The budget will be spent on me working on the project for about nine
months full-time. I know it’s ridiculously little but I rather take
little than nothing. I’m accustomed to living in poverty.
Since other stuff arises, I expect to finish in about 12
to 15 months. The result will be a software that be based on (1)
periodically appearing data stocks in XML (2) a non-periodically
appearing set of mapping between document handles to reports in
JSON, and (3) some subscriber data in a relational
database. Subscribers will have a web-based interface to subscribe
or unsubscribe to reports. Each email to a subscriber will be
customized. Subscribers that receive several reports will not see
the same document mentioned a second time round, if it was included
in a different report sent earlier. This is to encourage
subscriptions to many, potentially highly-specialized reports. The
system will be written in Python, JavaScript and XSLT. The
subscriber data will be held in a relational database. The system
will be able to handle any type incoming XML. The XSLT
customizations for NEP and Bims will be included as examples.

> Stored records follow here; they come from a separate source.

-- ===== src/Text.antt =====
-- The functions of Go's `strings` package that the program calls, over the bytes of a text.
-- A text is a list of byte values; every literal of the program is ASCII.
pub mod Cut
pub mod Decimal
pub mod Folded
pub mod Integer
pub mod Laws
pub mod Lines
pub mod Quote
use Prim.Native.Char.{code}
use Prim.Native.String.{String}
use mathlib.Core.Option
use router_docker.Prelude.{
  ℕ, ◌+◌, Bool, true, false, ◌&&◌, ◌||◌, Option, none, some, List, [], ◌∷◌, ◌++◌, map, reverse, leb,
  ◌==◌, if◌then◌else◌, is_empty, all,
}

abbrev pub Bytes : Type 0
Bytes = List ℕ

abbrev pub codes : String → Bytes
codes String.[] = []
codes (String.◌∷◌ c s) = code c ∷ codes s

-- `a == b` on Go strings
unfoldable pub equal : Bytes → Bytes → Bool
equal [] [] = true
equal (x ∷ xs) (y ∷ ys) = x == y && equal xs ys
equal _ _ = false

-- `strings.CutPrefix`
unfoldable pub cut_prefix : Bytes → Bytes → Option Bytes
cut_prefix s [] = some s
cut_prefix [] (p ∷ ps) = none
cut_prefix (c ∷ s) (p ∷ ps) = elim (c == p) [ true ↦ cut_prefix s ps | false ↦ none ]

-- `strings.CutSuffix`
unfoldable pub cut_suffix : Bytes → Bytes → Option Bytes
unfolding cut_prefix
cut_suffix s t = Option.map reverse (cut_prefix (reverse s) (reverse t))

abbrev pub is_some {ℓ} : {A : Type ℓ} → Option A → Bool
is_some none = false
is_some (some _) = true

unfoldable pub has_prefix : Bytes → Bytes → Bool
unfolding cut_prefix
has_prefix s p = is_some (cut_prefix s p)

unfoldable pub has_suffix : Bytes → Bytes → Bool
has_suffix s t = is_some (cut_suffix s t)

unfoldable pub trim_prefix : Bytes → Bytes → Bytes
unfolding cut_prefix
trim_prefix s p = Option.get_or (cut_prefix s p) s

unfoldable pub trim_suffix : Bytes → Bytes → Bytes
trim_suffix s t = Option.get_or (cut_suffix s t) s

-- `strings.Cut` at one byte
unfoldable pub cut : ℕ → Bytes → Option (Bytes × Bytes)
cut sep [] = none
cut sep (c ∷ s) = elim (c == sep) [
  | true ↦ some ([], s)
  | false ↦ Option.map (λ (a, b). (c ∷ a, b)) (cut sep s)
]

abbrev pub cons_head : ℕ → List Bytes → List Bytes
cons_head c [] = (c ∷ []) ∷ []
cons_head c (l ∷ ls) = (c ∷ l) ∷ ls

-- `strings.Split` at one byte
unfoldable pub split : ℕ → Bytes → List Bytes
split sep [] = [] ∷ []
split sep (c ∷ s) = let rest = split sep s in if c == sep then [] ∷ rest else cons_head c rest

-- `strings.Join` with a one-byte separator
unfoldable pub join : ℕ → List Bytes → Bytes
join sep [] = []
join sep (s ∷ []) = s
join sep (s ∷ t ∷ ts) = s ++ (sep ∷ join sep (t ∷ ts))

abbrev pub within : ℕ → ℕ → ℕ → Bool
within lo hi c = leb lo c && leb c hi

abbrev pub is_lower : ℕ → Bool
is_lower c = within b'a' b'z' c

abbrev pub is_upper : ℕ → Bool
is_upper c = within b'A' b'Z' c

abbrev pub is_digit : ℕ → Bool
is_digit c = within b'0' b'9' c

abbrev pub is_alnum : ℕ → Bool
is_alnum c = is_lower c || is_upper c || is_digit c

-- `strings.ToLower` on ASCII
unfoldable pub lower : ℕ → ℕ
lower c = if is_upper c then c + 32 else c

unfoldable pub to_lower : Bytes → Bytes
unfolding lower
to_lower = map lower

-- the ASCII white space of `strings.TrimSpace`
abbrev pub is_space : ℕ → Bool
is_space c = within 9 13 c || c == 32

unfoldable pub trim_left : (ℕ → Bool) → Bytes → Bytes
trim_left p [] = []
trim_left p (c ∷ s) = elim (p c) [ true ↦ trim_left p s | false ↦ c ∷ s ]

-- `strings.TrimFunc`
unfoldable pub trim : (ℕ → Bool) → Bytes → Bytes
unfolding trim_left
trim p s = reverse (trim_left p (reverse (trim_left p s)))

unfoldable pub trim_space : Bytes → Bytes
unfolding trim
trim_space = trim is_space

drop_blank : List Bytes → List Bytes
unfolding trim_space
drop_blank [] = []
drop_blank (l ∷ ls) = elim (is_empty (trim_space l)) [ true ↦ drop_blank ls | false ↦ l ∷ ls ]

-- `for len(lines) > 0 && strings.TrimSpace(lines[len(lines)-1]) == ""`
unfoldable pub trim_blank : List Bytes → List Bytes
unfolding drop_blank
trim_blank ls = reverse (drop_blank (reverse ls))

-- membership in a set of texts (`map[string]bool`)
unfoldable pub contains : List Bytes → Bytes → Bool
unfolding equal
contains [] s = false
contains (x ∷ xs) s = equal x s || contains xs s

As for other funding: An initial version of ernad was
written in 2004 using leftover funds from the JISC-funded WoPEc
project. But none of that code is left in contemporary versions that
power NEP and Bims. NEP on occasions featured sponsored
advertising. Bims has had no funding ever. Getting some external
financial support, regardless of the amount, will boost Bims’
credibility. As it stands, it’s just quite literally incredible.
• Compare your
own project with existing or historical efforts.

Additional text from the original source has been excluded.